Not be a Debbie downer but on many scales 6'1 and 250 is morbidly obese.

I bet if you start getting down to healthy weight she will respond positively


----------



## Coffee Amore (Dec 15, 2011)

That's how tall my husband is. Right now I think he weighs perhaps 188 pounds. He looks great, but he thinks he looks even better at around 175-180 pounds. I don't think I've ever seen him go over 200 pounds and I can't imagine him at 250 pounds. I would still love him at 250 pounds, but my sexual attraction would be definitely affected.


----------



## east2west (Oct 19, 2012)

BlndSde901 said:


> while i somewhat agree..its weird..I dont wanna be unaffectionate..I had anger problems before and depression issues..as does she...Ive learned to cope with my problems and I really FEEL not only what things caused the relationship to go sour the first time but how self centered I was..Since Ive been being more supportive and affectionate and stuff Ive felt better...while I also realize that it might be the fact that I dont pose any threat or give her a challenge..I dont know


Some women need to test your boundaries and see that you can/will defend them in order to feel attraction. It sounds like the new affectionate you is being received in the wrong way, like a teddy bear? 

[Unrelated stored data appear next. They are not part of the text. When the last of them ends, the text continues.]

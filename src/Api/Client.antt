-- ===== src/Api/Client.antt =====
-- internal/radiusctl/client.go: the requests of the client, and what it makes of an answer. The host
-- and the transport are left out: a request arrives as it was made.
use radius_go.Base.{
  ℕ, Bool, true, false, Option, none, some, ◌++◌, if◌then◌else◌, leb, length, take,
}
use radius_go.Base.Text.{Str, codes}
use radius_go.Handlers.{Response, ok, created, fail}
use radius_go.Api.{
  Headers, Method, get, post, put, delete, Route, status, list_nas, create_nas, update_nas,
  delete_nas, list_subscribers, create_subscriber, update_subscriber, delete_subscriber,
  list_sessions, disconnect_user, coa_change, session_cleanup, session_reconcile,
  list_voucher_packages, create_voucher_package, update_voucher_package, delete_voucher_package,
  list_pppoe_profiles, create_pppoe_profile, get_pppoe_profile, update_pppoe_profile,
  delete_pppoe_profile, list_vouchers, generate_vouchers, voucher_balance,
}

-- `req.Header.Set("Authorization", "Bearer "+c.secret)`
abbrev pub client_headers : Str → Headers
client_headers secret = record {
  authorization = codes "Bearer " ++ secret;
  x_internal_secret = codes "";
}

-- The HTTP method and the path of each method of the client, by the handler that it is meant for.
-- The client has no method for one PPPoE profile.
unfoldable pub request_of : Route → Str → Option (Method × Str)
request_of status id = some (get, codes "/api/v1/radius/status")
request_of list_nas id = some (get, codes "/api/v1/radius/nases")
request_of create_nas id = some (post, codes "/api/v1/radius/nases")
request_of update_nas id = some (put, codes "/api/v1/radius/nases/" ++ id)
request_of delete_nas id = some (delete, codes "/api/v1/radius/nases/" ++ id)
request_of list_subscribers id = some (get, codes "/api/v1/radius/subscribers")
request_of create_subscriber id = some (post, codes "/api/v1/radius/subscribers")
request_of update_subscriber id = some (put, codes "/api/v1/radius/subscribers/" ++ id)
request_of delete_subscriber id = some (delete, codes "/api/v1/radius/subscribers/" ++ id)
request_of list_sessions id = some (get, codes "/api/v1/radius/sessions")
request_of disconnect_user id = some (post, codes "/api/v1/radius/sessions/disconnect")
request_of coa_change id = some (post, codes "/api/v1/radius/subscribers/coa-change")
request_of session_cleanup id = some (post, codes "/api/v1/radius/sessions/cleanup")
request_of session_reconcile id = some (post, codes "/api/v1/radius/sessions/reconcile")
request_of list_voucher_packages id = some (get, codes "/api/v1/voucher-packages")
request_of create_voucher_package id = some (post, codes "/api/v1/voucher-packages")
request_of update_voucher_package id = some (put, codes "/api/v1/voucher-packages/" ++ id)
request_of delete_voucher_package id = some (delete, codes "/api/v1/voucher-packages/" ++ id)
request_of list_pppoe_profiles id = some (get, codes "/api/v1/pppoe-profiles")
request_of create_pppoe_profile id = some (post, codes "/api/v1/pppoe-profiles")
request_of get_pppoe_profile id = none
request_of update_pppoe_profile id = some (put, codes "/api/v1/pppoe-profiles/" ++ id)
request_of delete_pppoe_profile id = some (delete, codes "/api/v1/pppoe-profiles/" ++ id)
request_of list_vouchers id = some (get, codes "/api/v1/vouchers")
request_of generate_vouchers id = some (post, codes "/api/v1/vouchers/generate")
request_of voucher_balance id = some (get, codes "/api/v1/vouchers/" ++ id ++ codes "/balance")

-- Envelope and APIError.
pub record Envelope : Type 0 where
  pub success : Bool
  pub data_json : Str
  pub err : Option (Str × Str)

-- apiError: the HTTP status, the code and the message.
pub record ApiError : Type 0 where
  pub http : ℕ
  pub code : Str
  pub message : Str

unfoldable pub truncated : Str → ℕ → Str
truncated b n = if leb (length b) n then b else take n b ++ codes "..."

-- The end of `do`: the answer with its body, which is decoded or not; `none` is no error.
unfoldable pub unwrap : ℕ → Str → Option Envelope → Option ApiError
unfolding truncated
unwrap http raw none = some (record {
  http = http;
  code = codes "";
  message = codes "non-JSON response: " ++ truncated raw 200;
})
unwrap http raw (some env) = if env.success then none else elim env.err [
  | none ↦ some (record { http = http; code = codes ""; message = codes "request failed" })
  | some (code, message) ↦ some (record { http = http; code = code; message = message })
]

-- runtime.OK, runtime.Created and runtime.Fail, with the JSON of the data.
unfoldable pub envelope_of : Response → Str → ℕ × Envelope
envelope_of (ok payload) json = (200, record { success = true; data_json = json; err = none })
envelope_of (created payload) json = (201, record { success = true; data_json = json; err = none })
envelope_of (fail http code message) json =
    (http, record { success = false; data_json = codes ""; err = some (code, message) })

Try being sexual rather than affectionate. If she doesn't respond to you sexually then you shouldn't be in a sexual relationship (marriage) together.

Your other option of course is to find a woman that needs and wants the affection that the "new you" can provide. But it sounds pretty clear to me that your current wife was attracted to the p!ssy aloof bad boy routine, not the affectionate teddy bear routine.


----------



## BlndSde901 (Dec 3, 2012)

well see while we were apart i tried to do that..to find someone who I could be like that with..granted it wasnt a real long time..Nobody could surpass my wife..not even compare..its hard to explain WHY I feel the way I do about my wife..Im extremely stubborn and hard headed..Im well aware..I dont believe in "improbability" or "impossible"...theyre not in my personal dictionary. Sounds childish or immature but its the FEELING I believe in and Id pretty much do anything to defend it


----------



## BlndSde901 (Dec 3, 2012)

Im sorry east2west....I meant to say in that last reply that I haven't had the desire to be the person I am now with anyone else..In fact, before we got back together..I was kind of a D*&K while I was dating...not a total jerk, just shallow and like the old person I was..I wasn't feeling any reason to be better with anyone else..like it didnt matter to me. My wife is the only one who's ever been able to bring that part of me out.


----------



## youkiddingme (Jul 30, 2012)

I agree with what others have posted about your weight. You made a comment about her wanting you to be "chisled" to want you? Listen...at 250 pounds you are WAY over weight. I am taller than you and weigh 30 pounds less.....and I have a belly. I am not attracted to fat.....your wife may not be either.


----------



## Kimberley17 (Oct 10, 2011)

I know this isn't the issue but did you say hr son (your stepson) is 3 and lives with you? She left her own child ????


----------



## BlndSde901 (Dec 3, 2012)

she doesnt want me chiseled, i shouldnt have said that..and no....our son lives with me..my stepson lives with his father now in new york......and that happened due to financial problems when we split, as far as my stepson goes..hes 8..our son is 3....as far as weight loss. goes..Ive been steadily losing weight...I agree with that part to an EXTENT...but Ive always had a belly, and she didnt have an issue with it before..my problem with it is..she lost all this weight and its developed like a complex or something


----------



## Kimberley17 (Oct 10, 2011)

Do you know what the man she was seeing while you were seperated looked like? It's quite possible your body never bothered her before but now that she was with a man who didn't have a belly or whatever now it does. That exact thing happened to me. I don't want to sound negative but I don't know if there is any going back. Have you asked her why it bothers her now and before it didn't? It also can have to do with the fact that before she was heavy and now she isn't so her tastes/preferences have changed. It isn't right but it is what it is.


----------



## east2west (Oct 19, 2012)

BlndSde901 said:


> Im sorry east2west....I meant to say in that last reply that I haven't had the desire to be the person I am now with anyone else..In fact, before we got back together..I was kind of a D*&K while I was dating...not a total jerk, just shallow and like the old person I was..I wasn't feeling any reason to be better with anyone else..like it didnt matter to me. My wife is the only one who's ever been able to bring that part of me out.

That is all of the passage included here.